L’un des reproches fait à l’Université est de délivrer un discours théorique que les étudiants transformeraient en pratique au sein des écoles professionnelles ou lors de leur premier emploi. La distinction peut agacer : le «théoricien» doit bien avoir conscience des contraintes pratiques quand le «praticien» doit bien avoir connaissance de la «théorie». «Théorie» et «pratique» entretiennent ainsi d’étroites relations : la «théorie» n’est qu’une manière de présenter les choses, quand la «pratique» est une manière de les mettre en œuvre. L’une et l’autre s’enrichissent mutuellement sans qu’il soit possible de les séparer clairement. Si un conflit peut apparaître entre elles, c’est parce qu’elles sont trop séparées l’une de l’autre : l’on aura beau disserter et opérer une construction intellectuelle séduisante, cela n’aura guère d’intérêt s’il n’y a pas de lien avec la «vraie vie» ; l’on aura beau se gargariser d’empirisme, cela n’aura guère de portée si l’on n’essaie pas de le comprendre.

 

Dès lors, comment ne pas se réjouir de voir des étudiants -essentiellement non juristes- mettre en œuvre leurs cours et séminaires relatifs aux conflits sociaux ? A la manière des cliniques du droit qui sont notamment destinées à faire vivre à l’extérieur les règles enseignées à l’intérieur, les récents blocages universitaires pourraient être vus comme des travaux pratiques d’histoire de la contestation, comme une application des principes enseignés, à la différence que cette extériorisation des connaissances passe par un curieux renfermement sur soi, le blocus supposant, par définition, de ne pas sortir du lieu bloqué. On a même vu de savants conférenciers expliquer doctement l’intérêt qu’il y avait à se barricader, l’empêchement des examens permettant miraculeusement la réussite à un diplôme. Les modalités des blocages sont regrettables et donnent lieu à leur lot de débordements condamnables, qu’il s’agisse de cagoulés armés, de cocktails Molotov, ou des dégradations diverses et variées.

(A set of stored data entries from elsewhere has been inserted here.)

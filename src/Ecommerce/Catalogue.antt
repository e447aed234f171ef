-- ===== src/Ecommerce/Catalogue.antt =====
-- Eve/ecommerce/services/catalogue.py: reads of the catalogue, with a fresh copy first, one refresh at
-- a time, a stale copy where Saleor fails, and a negative entry for unknown slugs. What the
-- stores, the lease and Saleor answer is a `Sources`; `urlparse` is an argument.
pub mod Safe
pub mod SingleFlight
pub mod Listing
use django_app_eve.Prelude.{
  String, Option, none, some, Bool, true, false, List, [], ◌∷◌, ◌&&◌, ◌||◌, not, select, map,
  str_eq, if◌then◌else◌,
}
use django_app_eve.Core.Cache.{Reply, ok, value_error, unreachable}
use django_app_eve.Core.Lease.{wait_for_value}

-- The scheme and the host of a text, where it parses.
abbrev pub UrlParse : Type 0
UrlParse = String → Option (String × String)

-- A value of an untrusted document that should be an object with a `url`: no object, or the `url`
-- where it is a text.
abbrev pub Link : Type 0
Link = Option (Option String)

-- The media of a document: none, a list, or another value, which the code leaves as it is (here its
-- text).
pub data Media : Type 0 where
  no_media : Media
  listed : List Link → Media
  other : String → Media

-- A document of Saleor or of the cache, as far as the code reads it: the texts where they are texts,
-- and the media.
pub record Product : Type 0 where
  pub id : Option String
  pub name : Option String
  pub slug : Option String
  pub thumbnail : Link
  pub media : Media

unfoldable pub is_text : Option String → Bool
is_text none = false
is_text (some s) = not (str_eq s "")

-- `is_valid_product` of an object.
unfoldable pub is_valid_product : Product → Bool
unfolding is_text
is_valid_product p = is_text p.id && (is_text p.name && is_text p.slug)

unfoldable pub is_web : Option (String × String) → Bool
is_web none = false
is_web (some (scheme, netloc)) =
    (str_eq scheme "http" || str_eq scheme "https") && not (str_eq netloc "")

unfoldable pub safe_url : UrlParse → Option String → Option String
unfolding is_web
safe_url parse none = none
safe_url parse (some url) = if is_web (parse url) then some url else none

unfoldable pub safe_link : UrlParse → Link → Option String
unfolding safe_url
safe_link parse none = none
safe_link parse (some url) = safe_url parse url

-- `{"url": …}` of a safe URL, or nothing.
abbrev pub as_link : Option String → Link
as_link none = none
as_link (some url) = some (some url)

unfoldable pub safe_media : UrlParse → List Link → List Link
unfolding safe_link
safe_media parse [] = []
safe_media parse (m ∷ rest) =
    let later = safe_media parse rest in
    elim (safe_link parse m) [ none ↦ later | some url ↦ some (some url) ∷ later ]

abbrev pub sanitize_media : UrlParse → Media → Media
sanitize_media parse no_media = no_media
sanitize_media parse (listed l) = listed (safe_media parse l)
sanitize_media parse (other value) = other value

unfoldable pub sanitize_product : UrlParse → Product → Product
unfolding safe_media
sanitize_product parse p = record p {
  thumbnail = as_link (safe_link parse p.thumbnail);
  media = sanitize_media parse p.media;
}

-- A read that treats an unreachable store as an empty one (`_fresh_product`, `_stale_product`).
unfoldable pub or_none {ℓ} : {A : Type ℓ} → Reply (Option A) → Option A
or_none (ok o) = o
or_none _ = none

-- What a run meets: the negative entry, the copies, the lease (`none` is CacheLeaseUnavailable),
-- Saleor's answer (`none` is SaleorAPIError), and the reads of the polls.
pub record Sources : Type 0 where
  pub miss : Reply Bool
  pub fresh : Reply (Option Product)
  pub lease : Option Bool
  pub upstream : Option (Option Product)
  pub polled : List (Reply (Option Product))
  pub stale : Reply (Option Product)

pub data Result : Type 0 where
  found : Product → Result
  not_found : Result
  unavailable : Result

-- A run: its result, whether Saleor was asked, whether the negative entry was written, and the product
-- that was written to the cache.
pub record Run : Type 0 where
  pub result : Result
  pub asked : Bool
  pub negative : Bool
  pub stored : Option Product

abbrev pub is_miss : Reply Bool → Bool
is_miss (ok b) = b
is_miss _ = false

abbrev pub first_of {ℓ} : {A : Type ℓ} → Option A → Option A → Option A
first_of none o = o
first_of (some a) o = some a

-- The product where it is valid.
unfoldable pub valid : Option Product → Option Product
valid none = none
valid (some p) = if is_valid_product p then some p else none

-- The end of `get_product`: a product that is not valid is a miss.
unfoldable pub deliver : UrlParse → Bool → Option Product → Run
deliver parse asked none = record {
  result = not_found;
  asked = asked;
  negative = true;
  stored = none;
}
deliver parse asked (some p) = record {
  result = found (sanitize_product parse p);
  asked = asked;
  negative = false;
  stored = if asked then some (sanitize_product parse p) else none;
}

-- The handler of SaleorAPIError and CacheLeaseUnavailable.
unfoldable pub deliver_stale : UrlParse → Bool → Option Product → Run
deliver_stale parse asked none = record {
  result = unavailable;
  asked = asked;
  negative = false;
  stored = none;
}
deliver_stale parse asked (some p) = record {
  result = found (sanitize_product parse p);
  asked = asked;
  negative = false;
  stored = none;
}

unfoldable pub fetch : UrlParse → Sources → Option (Option Product) → Run
unfolding deliver deliver_stale
fetch parse src none = deliver_stale parse true (valid (or_none src.stale))
fetch parse src (some o) = deliver parse true (valid o)

unfoldable pub refresh : UrlParse → Sources → Option Bool → Run
unfolding fetch
refresh parse src none = deliver_stale parse false (valid (or_none src.stale))
refresh parse src (some true) = fetch parse src src.upstream
refresh parse src (some false) =
    deliver parse false
      (valid (first_of (wait_for_value (map or_none src.polled)) (or_none src.stale)))

unfoldable pub from_fresh : UrlParse → Sources → Option Product → Run
unfolding refresh
from_fresh parse src none = refresh parse src src.lease
from_fresh parse src (some p) = record {
  result = found (sanitize_product parse p);
  asked = false;
  negative = false;
  stored = none;
}

unfoldable pub get_product : UrlParse → Sources → Run
unfolding from_fresh
get_product parse src =
    if is_miss src.miss
    then record { result = not_found; asked = false; negative = false; stored = none }
    else from_fresh parse src (valid (or_none src.fresh))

Des erreurs sont commises de tous les côtés, chacun se pressant de condamner fermement, de suspendre disciplinairement, de revendiquer énergiquement. Ceux qui s’érigent en révolutionnaires s’étonnent d’être traités comme tels lors des expulsions ; ceux qui se prétendent victimes n’hésitent pas à dénoncer calomnieusement des enseignants dont le seul tort est d’avoir été présent, en appelant, sous le courage de l’anonymat, à la vengeance.  Ces erreurs peuvent être mises sur le compte de la jeunesse -qui, après tout, revendique le droit de se tromper et apprendra de ses errements- ou de la démagogie -qui n’épargne d’ailleurs pas les opposants aux blocages- et, plus sûrement sans doute, de l’idiotie. Tout se mélange et tout le monde y perd : les bloqueurs qui se discréditent eux-mêmes ; les enseignants attristés de lire qu’une fac occupée est une fac libérée, quand le propre de l’Université est justement d’accéder à une forme de liberté par la compréhension du monde ; les étudiants empêchés, boursiers et salariés, qui pensent à leur année. Triste situation qui n’empêche pourtant pas d’en rire. Un chien est ainsi apparu qui, en quelques heures, après avoir évidemment attisé la rancœur, a réussi, avec un peu d’humour, à relativiser les enjeux en faisant sourire bloqués et bloqueurs.

 

D’autres contestations sont plus préoccupantes, parce qu’elles ne sont plus le fait de mouvements étudiants dont l’essence est la protestation, mais parce qu’elles émanent de professionnels soucieux du sort des justiciables. Le retentissement médiatique est inversement proportionnel aux enjeux. L’on a vu et entendu le Défenseur des droits hausser le ton pour expliquer à des députés ignorants que les droits fondamentaux sont tout sauf théoriques, sauf si l’on choisit de les nier. Et les opinions sont restées figées, confirmant, s’il en était besoin, que celui qui ne peut ou ne veut comprendre ne risque pas de changer d’avis. Lorsque les avocats, greffiers et magistrats battent le pavé pour dénoncer une réforme et sa méthode, ils sont inaudibles et n’intéressent pas grand monde, soupçonnés de défendre leurs intérêts personnels, quand ils alertent justement sur le danger qu’il y aurait à voir devenir théoriques des choses aussi banales que l’accès au juge ou les droits de la défense. Car la pratique est budgétaire, il ne faut pas l’oublier. Plus récemment, c’est même l’enseignement pratique des élèves-avocats parisiens qui tend à devenir théorique, puisque le nouveau Palais de Justice leur interdit pour le moment l’accès à la permanence pénale, au juge d’application des peines, au tribunal pour enfants et aux pôles de l’instruction. Au moins auront-ils accès aux salles d’audience où les prévenus comparaîtront derrière des vitres. Qu’importe, nous dit-on, puisque les magistrats sont si éclairés qu’ils connaissent l’importance de la présomption d’innocence. C’est oublier que la justice se donne aussi à voir et que l’image ainsi renvoyée n’est guère flatteuse. Rions donc, «théoriciens» et «praticiens», des révolutionnaires en carton, mais écoutons aussi leurs quelques leçons.

 


 

Sommaire de la revue Lexbase Pénal n° 4 du 19 avril 2018

 

L’incrimination générale de blanchiment d’argent précisée par 20 ans de jurisprudence

par Jérôme Lasserre Capdeville, Maître de conférences HDR, Université de Strasbourg

 

Saisies pénales : axes de défense

par Vincent Ollivier, Avocat à la Cour, ancien secrétaire de la Conférence

 

Panorama de droit pénal spécial (janvier 2017 à mars 2018)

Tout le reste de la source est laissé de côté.